When she had opened it successfully four times, she looked up. "I've got it now," she said, walking back to her locker. "Thanks," she tossed the word over her shoulder.

"Yasssss!" I said to myself. "Make that a thousand AND one!"

Tuesday, September 9, 2025

Bottom of the Standings

I was optimistic that my new bowling shoes would improve my game this week. And? During warm-up, they seemed to. I bowled three strikes in my five practice frames. Unfortunately, I only bowled three more the rest of the morning, and with mostly open frames, my average actually fell. All around me, women ten years (or more) my senior were killing it, especially compared to me. 

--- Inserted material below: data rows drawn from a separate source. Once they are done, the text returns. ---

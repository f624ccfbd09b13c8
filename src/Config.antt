-- ===== src/Config.antt =====
-- src/vmss_metrics_exporter/config.py: the settings of the leader election.
--
-- `Env` is the process environment with what Python's library makes of its strings. Every integer
-- that is read has a minimum, which a negative one fails, so the values are natural numbers; the
-- comparison with 1.2 is in tenths, as in LeaderElection.Config.
pub mod Accepted
pub mod Load
pub mod Subscriptions
pub mod Bounds
pub mod Sound
mod Examples
use azure_lustre_vmss_metric.Prelude.{
  ℕ, ◌*◌, String, Bool, true, false, ◌||◌, Option, none, some, ◌==◌, string_eq, leb, ltb,
  if◌then◌else◌,
}
use azure_lustre_vmss_metric.Prelude.Number.{ℤ, pos, negsuc}
use azure_lustre_vmss_metric.Prelude.Result.{Result, ok, err, ◌>>=◌}
use azure_lustre_vmss_metric.LeaderElection.Config.{LeaderElectionConfig}

pub record Env : Type 0 where
  pub getenv : String → Option String
  -- `int(raw)`, where it does not raise
  pub parse_int : String → Option ℤ
  -- `raw.strip().lower()`
  pub normalized : String → String
  pub gethostname : String

pub data SettingsError : Type 0 where
  not_an_integer not_a_boolean below_minimum above_maximum : SettingsError
  renew_not_below_lease renew_not_above_retry : SettingsError

pub record LeaderElectionSettings : Type 0 where
  pub leader_election_enabled : Bool
  pub leader_election_lock_name : String
  pub leader_election_namespace : String
  pub leader_election_identity : String
  pub leader_election_lease_duration_seconds : ℕ
  pub leader_election_renew_deadline_seconds : ℕ
  pub leader_election_retry_period_seconds : ℕ

-- `a or b` on an optional string
unfoldable pub or_string : Option String → String → String
or_string none b = b
or_string (some a) b = if a == "" then b else a

-- `os.getenv(name, default)`: a variable that is set to nothing is not replaced
unfoldable pub default_to : Option String → String → String
default_to none b = b
default_to (some a) b = a

unfoldable pub in_range : ℕ → ℕ → Option ℤ → Result SettingsError ℕ
in_range minimum maximum none = err not_an_integer
in_range minimum maximum (some (negsuc n)) = err below_minimum
in_range minimum maximum (some (pos n)) =
    if ltb n minimum then err below_minimum else if ltb maximum n then err above_maximum else ok n

module _ (env : Env) where
  unfoldable pub read_int : Option String → ℕ → ℕ → ℕ → Result SettingsError ℕ
  unfolding in_range
  read_int none default minimum maximum = ok default
  read_int (some raw) default minimum maximum =
      if raw == "" then ok default else in_range minimum maximum (env.parse_int raw)

  unfoldable pub get_int : String → ℕ → ℕ → ℕ → Result SettingsError ℕ
  unfolding read_int
  get_int name default minimum maximum = read_int (env.getenv name) default minimum maximum

  abbrev pub to_bool : String → Result SettingsError Bool
  to_bool word =
      if word == "1" || word == "true" || word == "yes" || word == "y" || word == "on"
      then ok true
      else if word == "0" || word == "false" || word == "no" || word == "n" || word == "off"
      then ok false
      else err not_a_boolean

  unfoldable pub read_bool : Option String → Bool → Result SettingsError Bool
  read_bool none default = ok default
  read_bool (some raw) default = if raw == "" then ok default else to_bool (env.normalized raw)

  unfoldable pub get_bool : String → Bool → Result SettingsError Bool
  unfolding read_bool
  get_bool name default = read_bool (env.getenv name) default

  unfoldable pub settings_of : Bool → ℕ → ℕ → ℕ → LeaderElectionSettings
  unfolding or_string default_to
  settings_of enabled lease_duration renew_deadline retry_period = record {
    leader_election_enabled = enabled;
    leader_election_lock_name =
        default_to (env.getenv "LEADER_ELECTION_LOCK_NAME") "vmss-metrics-exporter";
    leader_election_namespace =
        or_string (env.getenv "LEADER_ELECTION_NAMESPACE")
          (or_string (env.getenv "POD_NAMESPACE") "default");
    leader_election_identity =
        or_string (env.getenv "LEADER_ELECTION_IDENTITY")
          (or_string (env.getenv "POD_NAME") env.gethostname);
    leader_election_lease_duration_seconds = lease_duration;
    leader_election_renew_deadline_seconds = renew_deadline;
    leader_election_retry_period_seconds = retry_period;
  }

  -- the cross-field tests
  unfoldable pub checked : Bool → ℕ → ℕ → ℕ → Result SettingsError LeaderElectionSettings
  unfolding settings_of
  checked enabled lease_duration renew_deadline retry_period =
      if leb lease_duration renew_deadline
      then err renew_not_below_lease
      else if leb (renew_deadline * 10) (retry_period * 12)
      then err renew_not_above_retry
      else ok (settings_of enabled lease_duration renew_deadline retry_period)

  unfoldable pub load_leader_election_settings : Result SettingsError LeaderElectionSettings
  unfolding get_bool get_int checked
  load_leader_election_settings = get_bool "LEADER_ELECTION_ENABLED" false >>= λ enabled.
      get_int "LEADER_ELECTION_LEASE_DURATION_SECONDS" 15 5 120 >>= λ lease_duration.
      get_int "LEADER_ELECTION_RENEW_DEADLINE_SECONDS" 10 2 119 >>= λ renew_deadline.
      get_int "LEADER_ELECTION_RETRY_PERIOD_SECONDS" 2 1 60 >>= λ retry_period.
      checked enabled lease_duration renew_deadline retry_period

-- the `LeaderElectionConfig` that `_start_leader_election` of main.py makes of the settings
unfoldable pub leader_election_config : LeaderElectionSettings → LeaderElectionConfig
leader_election_config settings = record {
  lock_name = settings.leader_election_lock_name;
  lock_namespace = settings.leader_election_namespace;
  identity = settings.leader_election_identity;
  lease_duration_seconds = settings.leader_election_lease_duration_seconds;
  renew_deadline_seconds = settings.leader_election_renew_deadline_seconds;
  retry_period_seconds = settings.leader_election_retry_period_seconds;
}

My teammates were patient, but our third-place ranking from last week is gone, and I know I'm substantially responsible. "I look at it like this," our team captain told me philosophically, "you have some good days and some," she shrugged, pointedly, "better days. It's just a game." 

And afterward, a friend told me that when she first joined the league a few years ago, her husband asked her how she did. "Not too bad," she told him. "I got fifty-something."

"Aren't you bowling ten frames?" he replied incredulously.

She laughed when she told me the story and added, "We have a lot more bowling this season! Have fun and don't worry."

Even so, I went right out to the pro shop and got myself a ball. And you better believe I'm going to practice this week!

Monday, September 8, 2025

Budget Cuts

When my friend from high school, Amy, and her sister were in town late last year, my brother and I met them for dinner. At the end of a delicious meal, full of laughing and catching up, Amy was kind enough to pick up the check. "You're retired!" she teased me, "On a fixed income, you probably can't even afford meat!"

She was referring to the steak frites I had ordered. "Things aren't that dire, yet!" I told her.

"Don't worry," my brother said. "I'll buy meat for her if she can't afford it!"

Sadly, that conversation has come up several times in the last nine months as prices have steadily increased on many things, but especially meat. According to the Independent, a combination of livestock diseases, extreme weather, and, of course, tariffs has driven national beef prices up 12.4% since last year, and they are expected to rise as much as 10% more by the end of 2025.

And I thought of it again this morning at the grocery store when I picked up a nice ribeye steak. It was grassfed, about an inch thick, and weighed a little over a pound. The price? Fifty bucks, more than double what the same steak would have cost two years ago.

And while I could afford that? 

I sure did not buy it. (And don't even get me started on coffee!)